Myeloma usually grows inside the bone marrow. Bone marrow tests (aspirate and biopsy) are performed routinely to diagnose multiple myeloma and are also used for periodic monitoring during the course of treatment. A bone marrow biopsy provides information about the amount of disease, its aggressiveness, and molecular/genetic abnormalities that help to predict the disease course. Bone marrow biopsies are necessary because they provide the only direct access to tumor cells for examination by a pathologist. However, because myeloma is patchy and is not distributed evenly throughout the bone marrow, such biopsies do not always present an accurate sample of what is occurring elsewhere in the marrow.

Other tissue biopsies are performed less frequently to determine if myeloma is present outside the bone marrow. A biopsy may also be performed in early-stage disease on a solitary plasmacytoma.

Bone Marrow Aspiration and Core Biopsy

Bone marrow aspiration and bone marrow core biopsy are methods to collect both the liquid and solid parts of the bone marrow. Aspiration is done with a syringe that draws out the liquid part of the marrow; core biopsy is done with a special hollow needle to capture a sample of the spongy bone in the marrow along with its contents. Bone marrow aspiration and core biopsy may be uncomfortable or painful, but must be performed because they provide samples for the only direct means of examining the myeloma cells under a microscope. All other tests (of the blood and urine) rely on indirect markers of what myeloma cells are doing. The pathologist who looks at the actual cells writes a report detailing how many of the cells in the sample are abnormal plasma cells and what they look like. Words like mature, immature, and atypical may appear in your report.
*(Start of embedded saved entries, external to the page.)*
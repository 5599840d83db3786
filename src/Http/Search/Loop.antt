-- ===== src/Http/Search/Loop.antt =====
-- The loop of `URLSearchParams` over a query that `to_string` has written.
use lambda.Base.{
  ℕ, suc, ◌+◌, ◌-◌, ◌<◌, true, false, [], ◌∷◌, ◌++◌, append_assoc, ◌≡◌, ◌∙◌, refl, arith, inl, inr,
  some, Bytes, All, IsBytes, Lacks, ◌==◌, leb, length, length-append, byte_at-drop, drop, drop-suc,
  length_at, is_at, substr, substr_at, drop_past, first_in, first_in_hit, Bool-cases, ok, ◌>>=◌,
}
use lambda.Http.Uri.{encode_rune, encode_uri_component}
use lambda.Http.Uri.Laws.{is_delimiter, decode-encode_uri_component, encode_uri_component-delimiter}
use lambda.Http.Values.{Values, append}
use lambda.Http.Search.{parse_token, parse_pairs}

-- A name or a value that is neither empty nor beyond a byte.
abbrev pub IsText : Bytes → Type 0
IsText s = IsBytes s × (0 < length s)

-- What is written for one value.
abbrev pub pair_text : Bytes × Bytes → Bytes
pair_text (key, value) = encode_uri_component key ++ b'=' ∷ encode_uri_component value

encode_rune-long : (c : ℕ) → 0 < length (encode_rune c)
unfolding encode_rune
encode_rune-long c = ground arith

pub encode-long : (s : Bytes) → 0 < length s → 0 < length (encode_uri_component s)
unfolding encode_uri_component
encode-long [] h = absurd (omega arith)
encode-long (c ∷ s) h =
    omega (arith, encode_rune-long c, length-append (encode_rune c) (encode_uri_component s))

delimiter-Lacks :
    (c : ℕ) (s : Bytes) → is_delimiter c ≡ true → All (λ x. is_delimiter x ≡ false) s → Lacks c s
delimiter-Lacks c [] d h = tt
delimiter-Lacks c (x ∷ s) d h = (
  elim (Bool-cases (x == c)) [
    | inl e ↦ let same : x ≡ c = ground (arith, e) in cc (d, h.0, same)
    | inr e ↦ e
  ],
  delimiter-Lacks c s d h.1,
)

pub encode-Lacks :
    (c : ℕ) (s : Bytes) → is_delimiter c ≡ true → IsBytes s → Lacks c (encode_uri_component s)
encode-Lacks c s d h =
    delimiter-Lacks c (encode_uri_component s) d (encode_uri_component-delimiter s h)

module _ (params : Bytes) where
  -- Up to the next separator nothing is done.
  pub parse_pairs_to :
      (xs : Bytes) (idx start : ℕ) (rest : Bytes) (m : Values)
      → drop idx params ≡ xs ++ b'&' ∷ rest
      → Lacks b'&' xs
      → parse_pairs params (suc (length xs + length rest)) idx start m ≡ (
          parse_token params m start (idx + length xs) >>= λ m'.
          parse_pairs params (length rest) (idx + length xs + 1) (idx + length xs + 1) m')
  unfolding parse_pairs
  parse_pairs_to [] idx start rest m at h =
      let none_left : 0 + length rest ≡ length rest = omega arith in
      let here : idx + 0 ≡ idx = omega arith in
      rw (byte_at-drop params idx b'&' rest at, none_left, here) refl
  parse_pairs_to (x ∷ xs) idx start rest m at h =
      let size = length_at params idx x (xs ++ b'&' ∷ rest) at in
      let inner : (idx == length params - 1) ≡ false =
        ground (arith, size, length-append xs (b'&' ∷ rest)) in
      let left : suc (length xs) + length rest ≡ suc (length xs + length rest) = omega arith in
      let end : idx + 1 + length xs ≡ idx + suc (length xs) = omega arith in
      rw (byte_at-drop params idx x (xs ++ b'&' ∷ rest) at, h.0, inner, left)
        (parse_pairs_to xs (idx + 1) start rest m (drop-suc params idx x (xs ++ b'&' ∷ rest) at) h.1
          ∙ rw end refl)

  -- The last pair ends with the query.
  pub parse_pairs_last :
      (x : ℕ) (xs : Bytes) (idx start : ℕ) (m : Values)
      → drop idx params ≡ x ∷ xs
      → Lacks b'&' (x ∷ xs)
      → parse_pairs params (suc (length xs)) idx start m
        ≡ parse_token params m start (length params)
  unfolding parse_pairs
  parse_pairs_last x [] idx start m at h =
      let size = length_at params idx x [] at in
      let last : (idx == length params - 1) ≡ true = ground (arith, size) in
      rw (byte_at-drop params idx x [] at, h.0, last) refl
  parse_pairs_last x (y ∷ xs) idx start m at h =
      let size = length_at params idx x (y ∷ xs) at in
      let inner : (idx == length params - 1) ≡ false = ground (arith, size) in
      rw (byte_at-drop params idx x (y ∷ xs) at, h.0, inner)
        (parse_pairs_last y xs (idx + 1) start m (drop-suc params idx x (y ∷ xs) at) h.1)

  -- A written pair between two indices is decoded and appended.
  pub parse_token_written :
      (key value rest : Bytes) (start end : ℕ) (m : Values)
      → IsText key
      → IsText value
      → drop start params ≡ pair_text (key, value) ++ rest
      → end ≡ start + length (pair_text (key, value))
      → parse_token params m start end ≡ ok (append m key value)
  unfolding parse_token
  parse_token_written key value rest start end m k v at e =
      let name = encode_uri_component key in
      let text = encode_uri_component value in
      let whole : drop start params ≡ name ++ b'=' ∷ (text ++ rest) =
        at ∙ append_assoc name (b'=' ∷ text) rest in
      let size : end ≡ start + length name + 1 + length text =
        omega (arith, e, length-append name (b'=' ∷ text)) in
      let split : first_in (is_at params b'=') start end ≡ some (start + length name) =
        first_in_hit params b'=' start end name (text ++ rest) whole
          (encode-Lacks b'=' key refl k.0) (omega (arith, size)) in
      let named : substr params start (start + length name - start) ≡ name =
        substr_at params start (start + length name - start) name (b'=' ∷ (text ++ rest)) whole
          (omega arith) in
      let behind : drop (start + length name + 1) params ≡ text ++ rest =
        drop-suc params (start + length name) b'=' (text ++ rest)
          (drop_past params start (start + length name) name (b'=' ∷ (text ++ rest)) whole refl) in
      let valued : substr params (start + length name + 1) (end - (start + length name) - 1)
          ≡ text =
        substr_at params (start + length name + 1) (end - (start + length name) - 1) text rest
          behind (omega (arith, size)) in
      let named_once : (start + length name == start) ≡ false =
        ground (arith, encode-long key k.1) in
      let valued_too : leb (end - 1) (start + length name) ≡ false =
        ground (arith, size, encode-long value v.1) in
      rw
        (
          split,
          named_once,
          valued_too,
          named,
          valued,
          decode-encode_uri_component key k.0,
          decode-encode_uri_component value v.0,
        )
        refl
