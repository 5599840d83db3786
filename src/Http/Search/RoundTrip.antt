-- ===== src/Http/Search/RoundTrip.antt =====
-- A query is read as it was written.
use lambda.Base.{
  ℕ, false, suc, ◌+◌, ◌<◌, List, [], ◌∷◌, ◌++◌, append_assoc, append-nil, ◌≡◌, ◌∙◌, refl, ap, arith,
  Bytes, All, All-append, Lacks, ◌==◌, length, length-append, drop, drop-suc, drop_past, ok,
}
use lambda.Http.Uri.{encode_uri_component}
use lambda.Http.Values.{Values, append, entries}
use lambda.Http.Values.Laws.{IsValid}
use lambda.Http.Values.Entries.{appended, appended-entries_nil}
use lambda.Http.Search.{parse_token, parse_pairs, parse_params, join_entries, params_to_string}
use lambda.Http.Search.Loop.{
  IsText, pair_text, encode-Lacks, parse_pairs_to, parse_pairs_last, parse_token_written,
}

-- The pairs behind the first.
abbrev tail_text : List (Bytes × Bytes) → Bytes
tail_text [] = []
tail_text (e ∷ es) = b'&' ∷ (pair_text e ++ tail_text es)

abbrev IsPair : Bytes × Bytes → Type 0
IsPair e = IsText e.0 × IsText e.1

join_entries-tail :
    (es : List (Bytes × Bytes)) (x : ℕ) (search : Bytes)
    → join_entries (x ∷ search) es ≡ (x ∷ search) ++ tail_text es
unfolding join_entries
join_entries-tail [] x search = rw (append-nil search) refl
join_entries-tail ((key, value) ∷ es) x search =
    let text =
      search ++ b'&' ∷ [] ++ encode_uri_component key ++ b'=' ∷ [] ++ encode_uri_component value in
    join_entries-tail es x text ∙ ap (◌∷◌ x) (simp append_assoc refl)

join_entries-full :
    (es : List (Bytes × Bytes)) (search : Bytes)
    → 0 < length search
    → join_entries search es ≡ search ++ tail_text es
join_entries-full es [] h = absurd (omega arith)
join_entries-full es (x ∷ search) h = join_entries-tail es x search

pair_text-Lacks : (e : Bytes × Bytes) → IsPair e → Lacks b'&' (pair_text e)
pair_text-Lacks (key, value) (k, v) =
    All-append (λ c. (c == b'&') ≡ false) (encode_uri_component key)
      (b'=' ∷ encode_uri_component value) (encode-Lacks b'&' key refl k.0)
      (refl, encode-Lacks b'&' value refl v.0)

pair_text-long : (e : Bytes × Bytes) → 0 < length (pair_text e)
pair_text-long (key, value) =
    omega (arith, length-append (encode_uri_component key) (b'=' ∷ encode_uri_component value))

module _ (params : Bytes) where
  last_pair :
      (xs : Bytes) (i : ℕ) (m : Values)
      → 0 < length xs
      → drop i params ≡ xs
      → Lacks b'&' xs
      → parse_pairs params (length xs) i i m ≡ parse_token params m i (length params)
  last_pair [] i m long at h = absurd (omega arith)
  last_pair (x ∷ xs) i m long at h = parse_pairs_last params x xs i i m at h

  parse_pairs-appended :
      (e : Bytes × Bytes) (es : List (Bytes × Bytes)) (i left : ℕ) (m : Values)
      → IsPair e
      → All IsPair es
      → drop i params ≡ pair_text e ++ tail_text es
      → left ≡ length (pair_text e ++ tail_text es)
      → length params ≡ i + left
      → parse_pairs params left i i m ≡ ok (appended m (e ∷ es))
  parse_pairs-appended e [] i left m h hs at l size =
      let text = pair_text e in
      let alone : drop i params ≡ text = at ∙ append-nil text in
      let long : left ≡ length text = l ∙ ap length (append-nil text) in
      rw long (
        last_pair text i m (pair_text-long e) alone (pair_text-Lacks e h)
        ∙ parse_token_written params e.0 e.1 [] i (length params) m h.0 h.1 at
            (omega (arith, size, long)))
  parse_pairs-appended e (f ∷ es) i left m h hs at l size =
      let text = pair_text e in
      let rest = pair_text f ++ tail_text es in
      let behind = i + length text + 1 in
      let long : left ≡ suc (length text + length rest) =
        l ∙ length-append text (b'&' ∷ rest) ∙ omega arith in
      let one : parse_token params m i (i + length text) ≡ ok (append m e.0 e.1) =
        parse_token_written params e.0 e.1 (b'&' ∷ rest) i (i + length text) m h.0 h.1 at refl in
      let after : drop behind params ≡ rest =
        drop-suc params (i + length text) b'&' rest
          (drop_past params i (i + length text) text (b'&' ∷ rest) at refl) in
      rw long (
        parse_pairs_to params text i i rest m at (pair_text-Lacks e h)
        ∙ rw one (
            parse_pairs-appended f es behind (length rest) (append m e.0 e.1) hs.0 hs.1 after refl
              (omega (arith, size, long))))

parse_params-join_entries :
    (es : List (Bytes × Bytes))
    → All IsPair es
    → parse_params (join_entries [] es) ≡ ok (appended [] es)
unfolding parse_params
parse_params-join_entries [] h = unfold join_entries parse_pairs in refl
parse_params-join_entries ((key, value) ∷ es) h =
    let text = pair_text (key, value) in
    let query = text ++ tail_text es in
    let begun : encode_uri_component key ++ b'=' ∷ [] ++ encode_uri_component value ≡ text =
      append_assoc (encode_uri_component key) (b'=' ∷ []) (encode_uri_component value) in
    let written : join_entries [] ((key, value) ∷ es) ≡ query =
      unfold join_entries in
      ap (λ t. join_entries t es) begun ∙ join_entries-full es text (pair_text-long (key, value)) in
    rw written (
      parse_pairs-appended query (key, value) es 0 (length query) [] h.0 h.1 refl refl
        (omega arith))

-- The query that a container is written to is read as this container, if no name and no value in it is
-- empty. That holds for every byte in them: what delimits the parts of a query is escaped.
pub parse_params-params_to_string :
    (m : Values) → IsValid m → All IsPair (entries m) → parse_params (params_to_string m) ≡ ok m
unfolding params_to_string
parse_params-params_to_string m valid h =
    parse_params-join_entries (entries m) h ∙ ap ok (appended-entries_nil m valid)
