-- ===== src/Graphql/Fragments/Visits.antt =====
-- The collection of fragments in packages/web/graphql-client/src/fragments.ts one document at
-- a time: what a visit of its names adds, and that nothing is lost.
use mathlib.Core.Path.{subst}
use predictor_common.Prelude.Text.{Text, text_eq, text_eq_iff, has}
use predictor_common.Prelude.Dict.{get, put, get-put, get-put_keeps, get-put_cases, text_key}
use predictor_common.Prelude.{
  ◌≡◌, ap, ◌∙◌, ◌⊎◌, inl, inr, true, Option, none, some, List, [], ◌∷◌, Option-cases, Bool-cases,
  arith,
}
use predictor_common.Graphql.Fragments.{spread_names, Collection, visit_name, visit_names}

module _ (lookup : Text → Option Text) where
  -- The names that a query spreads, itself or in a definition that it reaches.
  pub data Reached (query : Text) : Text → Type 0 where
    spread : (name : Text) → has (spread_names query) name ≡ true → Reached query name
    nested :
        (parent definition name : Text)
        → Reached query parent
        → lookup parent ≡ some definition
        → has (spread_names definition) name ≡ true
        → Reached query name

  -- Every collected definition is the one looked up, under a name that the query reaches.
  abbrev pub Found : Text → List (Text × Text) → Type 0
  Found query collected =
      (name definition : Text)
      → get collected name ≡ some definition
      → (lookup name ≡ some definition) × Reached query name

  -- What a visit of a name does.
  pub data Visited (name : Text) (c : Collection) : Collection → Type 0 where
    known : (definition : Text) → get c.collected name ≡ some definition → Visited name c c
    unknown : lookup name ≡ none → Visited name c c
    added :
        (definition : Text)
        → get c.collected name ≡ none
        → lookup name ≡ some definition
        → Visited name c (record {
          collected = put c.collected name definition;
          pending = definition ∷ c.pending;
        })

  pub Visited-visit_name :
      (name : Text) (c : Collection) → Visited name c (visit_name lookup name c)
  unfolding visit_name
  Visited-visit_name name c = elim (Option-cases (get c.collected name)) [
    | inr (d, present) ↦ rw (present, visit_name) (known d present)
    | inl fresh ↦ elim (Option-cases (lookup name)) [
      | inl missing ↦ rw (fresh, missing, visit_name) (unknown missing)
      | inr (d, found) ↦ rw (fresh, found, visit_name) (added d fresh found)
    ]
  ]

  -- Nothing that is collected or pending is lost, and what is new is pending.
  abbrev pub Grows : Collection → Collection → Type 0
  Grows c c' =
      ((name definition : Text)
        → get c.collected name ≡ some definition
        → get c'.collected name ≡ some definition)
      × ((document : Text) → has c.pending document ≡ true → has c'.pending document ≡ true)
      × ((name definition : Text)
          → get c'.collected name ≡ some definition
          → (get c.collected name ≡ some definition) ⊎ (has c'.pending definition ≡ true))
      × ((document : Text)
          → has c'.pending document ≡ true
          → (has c.pending document ≡ true)
            ⊎ ((name : Text) × (get c'.collected name ≡ some document)))

  Visited-Grows : (name : Text) (c c' : Collection) → Visited name c c' → Grows c c'
  Visited-Grows name c _ (known d h) = (λ n e g. g, λ d g. g, λ n e g. inl g, λ d g. inl g)
  Visited-Grows name c _ (unknown h) = (λ n e g. g, λ d g. g, λ n e g. inl g, λ d g. inl g)
  Visited-Grows name c _ (added d fresh found) = (
    λ n e g. get-put_keeps c.collected name d n e fresh g,
    λ document g. ground (arith, g),
    λ n e g. elim (get-put_cases c.collected name d n e g) [
      | inl old ↦ inl old
      | inr (same, is) ↦ inr (ground (arith, text_eq_iff d e))
    ],
    λ document g. elim (Bool-cases (text_eq d document)) [
      | inr other ↦ inl (ground arith)
      | inl is ↦ inr (
        name,
        grind
            (arith, get-put c.collected name d name, text_eq_iff d document, text_eq_iff name name),
      )
    ],
  )

  Grows-trans : (a b c : Collection) → Grows a b → Grows b c → Grows a c
  Grows-trans a b c (k, q, n, o) (k', q', n', o') = (
    λ name e g. k' name e (k name e g),
    λ document g. q' document (q document g),
    λ name e g. elim (n' name e g) [
      | inr queued ↦ inr queued
      | inl old ↦ elim (n name e old) [ inl older ↦ inl older | inr queued ↦ inr (q' e queued) ]
    ],
    λ document g. elim (o' document g) [
      | inr (m, got) ↦ inr (m, got)
      | inl old ↦ elim (o document old) [
        | inl older ↦ inl older
        | inr (m, got) ↦ inr (m, k' m document got)
      ]
    ],
  )

  pub Grows-visit_names :
      (names : List Text) (c : Collection) → Grows c (visit_names lookup names c)
  unfolding visit_names
  Grows-visit_names [] c = (λ n e g. g, λ d g. g, λ n e g. inl g, λ d g. inl g)
  Grows-visit_names (name ∷ names) c =
      Grows-trans c (visit_name lookup name c) _
        (Visited-Grows name c _ (Visited-visit_name name c))
        (Grows-visit_names names (visit_name lookup name c))

  Visited-Found :
      (query name : Text) (c c' : Collection)
      → Visited name c c'
      → Reached query name
      → Found query c.collected
      → Found query c'.collected
  Visited-Found query name c _ (known d h) r f n e g = f n e g
  Visited-Found query name c _ (unknown h) r f n e g = f n e g
  Visited-Found query name c _ (added d fresh found) r f n e g =
      elim (get-put_cases c.collected name d n e g) [
        | inl old ↦ f n e old
        | inr (same, is) ↦ rw⁻¹ same (rw⁻¹ is (found, r))
      ]

  -- The name is collected with its definition, if it has one.
  Visited-get :
      (query name definition : Text) (c c' : Collection)
      → Visited name c c'
      → Found query c.collected
      → lookup name ≡ some definition
      → get c'.collected name ≡ some definition
  Visited-get query name e c _ (known d h) f l = grind (arith, f name d h)
  Visited-get query name e c _ (unknown h) f l = grind arith
  Visited-get query name e c _ (added d fresh found) f l =
      grind (arith, get-put c.collected name d name, text_eq_iff name name)

  pub visit_names-Found :
      (query : Text) (names : List Text) (c : Collection)
      → ((name : Text) → has names name ≡ true → Reached query name)
      → Found query c.collected
      → Found query (visit_names lookup names c).collected
  unfolding visit_names
  visit_names-Found query [] c r f = f
  visit_names-Found query (name ∷ names) c r f =
      visit_names-Found query names (visit_name lookup name c) (λ n h. r n (ground (arith, h)))
        (Visited-Found query name c _ (Visited-visit_name name c)
          (r name (ground (arith, text_eq_iff name name))) f)

  -- Every definition that the document spreads is collected.
  abbrev pub Resolved : List (Text × Text) → Text → Type 0
  Resolved collected document =
      (name definition : Text)
      → has (spread_names document) name ≡ true
      → lookup name ≡ some definition
      → get collected name ≡ some definition

  pub visit_names-get :
      (query : Text) (names : List Text) (c : Collection)
      → ((name : Text) → has names name ≡ true → Reached query name)
      → Found query c.collected
      → (name definition : Text) → has names name ≡ true
      → lookup name ≡ some definition
      → get (visit_names lookup names c).collected name ≡ some definition
  unfolding visit_names
  visit_names-get query [] c r f n e h l = ground (arith, h)
  visit_names-get query (name ∷ names) c r f n e h l = elim (Bool-cases (text_eq name n)) [
    | inl same ↦
        let is : name ≡ n = (text_eq_iff name n).0 same in
        (Grows-visit_names names (visit_name lookup name c)).0 n e (
          subst (λ x. get (visit_name lookup name c).collected x ≡ some e) is
            (Visited-get query name e c _ (Visited-visit_name name c) f (ap lookup is ∙ l)))
    | inr other ↦
        visit_names-get query names (visit_name lookup name c) (λ m g. r m (ground (arith, g)))
          (Visited-Found query name c _ (Visited-visit_name name c)
            (r name (ground (arith, text_eq_iff name name))) f)
          n e (ground arith) l
  ]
The following tests are then performed on the samples collected through aspiration and core biopsy.

Immunophenotyping

Immunophenotyping is done by flow cytometry to identify protein markers on the surface of myeloma cells. Immunophenotyping is used to determine both stringent complete response (sCR) and minimal residual disease (MRD), which indicates a near total eradication of myeloma cells.

The Next Generation Flow cytometry test was developed and funded by the IMF Black Swan Research Initiative to detect minimal residual disease. NGF is sensitive enough to detect one myeloma cell among every one million plasma cells sampled from the bone marrow.

Cytogenetics, also known as Karyotyping

Standard cytogenetics (karyotyping) is the assessment of the chromosomes in a cell's nucleus during cell division. Cytogenetics is also called karyotyping because a karyotype is the number and appearance of chromosomes in a cell's nucleus.

This test is routinely performed on the bone marrow of newly diagnosed myeloma patients and is sometimes repeated after treatment, especially after high-dose therapy with stem cell rescue (autologous stem cell transplant). Cytogenetics testing is performed along with FISH (discussed next), mainly to determine if there is loss of chromosome 13 during myeloma cell division. Loss of chromosome 13 can be detected better with cytogenetics than with FISH. Loss of chromosome 13 is usually an indication that other genetic abnormalities are present in the myeloma cells.

Fluorescence In-Situ Hybridisation (FISH)

FISH provides a way to map the genetic material, including genes and portions of genes, found in the myeloma cells. This helps us understand a variety of genetic mutations that indicate a patient’s risk status.

FISH demonstrates the movement of genetic material from one chromosome to another (translocations) and/or the absence of genetic material on chromosomes (deletions). Certain deletions and translocations are known to be signs of myeloma that is more aggressive (high-risk multiple myeloma). These high-risk mutations include the following:

  • Translocation (4;14), which is movement of gene segments from chromosome 4 to 14.
  • Deletion 17p, which is the loss of the short arm (top part) of chromosome 17, which is where a major tumor suppressor gene (the p53 gene) is located..
  • Translocation (14;16), which is movement of gene segments from chromosomes 14 to 16.
  • 1q+, which is the addition of an extra long arm (bottom part) of chromosome 1.

Gene Expression Profiling (GEP)

GEP is performed on RNA extracted from myeloma cells. The genes present in the RNA are then probed on a special computer chip to provide a global picture of disease biology. GEP is used to identify the dominant clone at any particular time in a patient’s disease course and to classify myeloma into different molecular subgroups, buts its most important function has been to identify the gene expression profile of patients with high-risk myeloma.

GEP does not provide information about non-dominant disease clones or about “driver” genetic mutations that allow the myeloma to grow and develop in new areas of the body. Different institutions have developed different GEP high-risk expression profiles that have not yet been standardized. GEP is not widely available.